Бездетным женщинам тоже иногда хватало наглости оказаться убитыми. Не идеальный расклад, но репортеры «Времени и места» выкручивались, как могли. Если жертва была достаточно молодой, они напирали на то, что она больше всего на свете хотела завести семью. В идеале она заявляла об этом с самого детства. В идеале она уже выбрала имена для своих детей.
Забавно было наблюдать, как пыжились репортеры, когда не получалось вплести детей в повествование. Тогда в ход шли рассказы о хобби и большой привязанности к племянникам и племянницам. Иногда к собаке. В таких случаях вопросы репортеров начинали отдавать отчаянием: Как ваша сестра развлекалась? Это слегка напоминало неловкое свидание вслепую: наводящие вопросы, нервные поиски общих тем.
За время изучения «Времени и места» Клаудия извлекла несколько уроков. В мире «общественной журналистики» они бы стали тезисами.
• Перед тем как застрелить, задушить или забить насмерть жену, избавьтесь от своего мобильного телефона.

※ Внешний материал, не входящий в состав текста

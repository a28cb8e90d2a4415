-- ===== src/Cluster/Phases/Doomed.antt =====
-- The log of `Put` once the monitor is bound to reject it (server/server.go,
-- server/TwoPhaseCommitFull.go).
use committer.Prelude.{ℕ, ◌≡◌, ◌≢◌, refl, ap, ◌∙◌, List, [], ◌∷◌, ◌++◌}
use committer.Go.{Go, ok}
use committer.Tla.{Tla, Items, str, no_items}
use committer.Monitor.{Event}
use committer.Monitor.Accepted.{Accepts-append_ne, check_events-append_ne}
use committer.Monitor.Trace.{check_events, check_trace}
use committer.Refine.{refine_party}
use committer.Cluster.Notes.{Log, note_propose, note_prepared, note_commit, note_committed}
use committer.Cluster.Watched.{Keeps}
use committer.Cluster.Phases.{quiet, track}
use committer.Cluster.Phases.Checks.{one, two, after, third_propose_violated, early_commit_violated}
use committer.Cluster.Phases.Runs.{
  note_propose-track, note_prepared-track, note_commit-track, note_committed-track,
}
use committer.Cluster.Phases.Tracked.{Tracked}

pub record Doomed (l : Log) : Type 0 where
  pub events : List Event
  pub prepared : Items
  pub committed : Items
  pub decision : Tla
  pub log : Items
  pub who : Tla
  pub same : l ≡ track events (quiet prepared committed decision log who)
  pub rejected : check_events events ≢ ok tt

pub Doomed-rejected : (l : Log) → Doomed l → check_trace l.monitor ≢ ok tt
unfolding check_trace
Doomed-rejected l t = rw t.same t.rejected

abbrev Dooms : Go Log → Type 0
Dooms g = (l : Log) × (g ≡ ok l) × Doomed l

two_events :
    {g : Go Log} (es : List Event) (a b : Event) (p c log : Items) (d who : Tla)
    → check_events (es ++ a ∷ []) ≢ ok tt
    → g ≡ ok (track ((es ++ a ∷ []) ++ b ∷ []) (quiet p c d log who))
    → Dooms g
two_events es a b p c log d who rejected run = (
  track ((es ++ a ∷ []) ++ b ∷ []) (quiet p c d log who),
  run,
  record {
    events = (es ++ a ∷ []) ++ b ∷ [];
    prepared = p;
    committed = c;
    decision = d;
    log = log;
    who = who;
    same = refl;
    rejected = check_events-append_ne (es ++ a ∷ []) b rejected;
  },
)

pub note_propose-Doomed : (pid : ℕ) → Keeps (note_propose pid) Doomed Doomed
note_propose-Doomed pid l t =
    two_events t.events _ _ t.prepared t.committed _ t.decision _
      (check_events-append_ne t.events _ t.rejected)
      (ap (note_propose pid) t.same
        ∙ note_propose-track pid t.events t.prepared t.committed t.log t.decision t.who)

pub note_prepared-Doomed : (pid : ℕ) → Keeps (note_prepared pid) Doomed Doomed
note_prepared-Doomed pid l t =
    two_events t.events _ _ _ t.committed _ t.decision _
      (check_events-append_ne t.events _ t.rejected)
      (ap (note_prepared pid) t.same
        ∙ note_prepared-track pid t.events t.prepared t.committed t.log t.decision t.who)

pub note_commit-Doomed : (pid : ℕ) → Keeps (note_commit pid) Doomed Doomed
note_commit-Doomed pid l t =
    two_events t.events _ _ t.prepared t.committed _ _ _
      (check_events-append_ne t.events _ t.rejected)
      (ap (note_commit pid) t.same
        ∙ note_commit-track pid t.events t.prepared t.committed t.log t.decision t.who)

pub note_committed-Doomed : (pid : ℕ) → Keeps (note_committed pid) Doomed Doomed
note_committed-Doomed pid l t =
    two_events t.events _ _ t.prepared _ _ t.decision _
      (check_events-append_ne t.events _ t.rejected)
      (ap (note_committed pid) t.same
        ∙ note_committed-track pid t.events t.prepared t.committed t.log t.decision t.who)

-- A third follower is proposed to when both parties of the monitor have prepared.
pub third_propose-Doomed : Keeps (note_propose 2) (Tracked (after two) no_items (str "none")) Doomed
third_propose-Doomed l t =
    two_events t.events _ _ (after two) no_items _ (str "none") _
      (Accepts-append_ne t.events (quiet (after two) no_items (str "none") t.log t.actor) _
        t.accepted (λ e. cc (third_propose_violated (refine_party 2) t.log t.actor, e)))
      (ap (note_propose 2) t.same
        ∙ note_propose-track 2 t.events (after two) no_items t.log (str "none") t.who)

-- A commit is sent when only one party has prepared.
pub early_commit-Doomed : Keeps (note_commit 0) (Tracked (after one) no_items (str "none")) Doomed
early_commit-Doomed l t =
    two_events t.events _ _ (after one) no_items _ (str "commit") _
      (Accepts-append_ne t.events (quiet (after one) no_items (str "none") t.log t.actor) _
        t.accepted (λ e. cc (early_commit_violated (refine_party 0) t.log t.actor, e)))
      (ap (note_commit 0) t.same
        ∙ note_commit-track 0 t.events (after one) no_items t.log (str "none") t.who)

Ваши сообщения прочитают, а звонки отследят.
• Избегайте подобных поисковых запросов: «отравление незамерзайкой», «смертельный выстрел», «несовместимая с жизнью дозировка». Полиция изымет ваш компьютер, так что не отмечайте на Гугл-картах место захоронения. Интернет вам не друг.
• Не курите. На бычках остается ДНК.
• Камеры повсюду. Избегайте банкоматов. Не останавливайтесь на заправках. Если вам надо купить перчатки, хлорку или брезент, чтобы завернуть тело, не идите за ними в «Уолмарт».
• Пусть кто-нибудь другой обнаружит тело. Если это должны быть вы, помните: ваш звонок в службу спасения будет записан. Изобразите, что вы огорчены.
Эпизод закончился, но сна у Клаудии по-прежнему не было ни в одном глазу. Будильник стоял, как обычно, на семь утра. Через шесть коротких часов ей нужно будет вставать и идти на работу.
Она села в машину и поехала.
НА КРЫЛЬЦЕ ТИММИ ГОРЕЛ СВЕТ – оставшаяся с лета антимоскитная лампочка. Когда он подошел к двери, его лицо ввергло ее в шок. Борода Распутина исчезла. Без нее он казался моложе, опрятнее и неожиданно привлекательнее. Встреться они на улице, она бы его не узнала. Его кожа выглядела влажной и упругой, как у младенца после купания.
– Это твое лицо?
Она никогда не задумывалась о том, как выглядело бы его лицо без растительности, так почему же оно кажется каким-то не таким?
Тимми осторожно коснулся подбородка, словно хотел убедиться, что он на месте.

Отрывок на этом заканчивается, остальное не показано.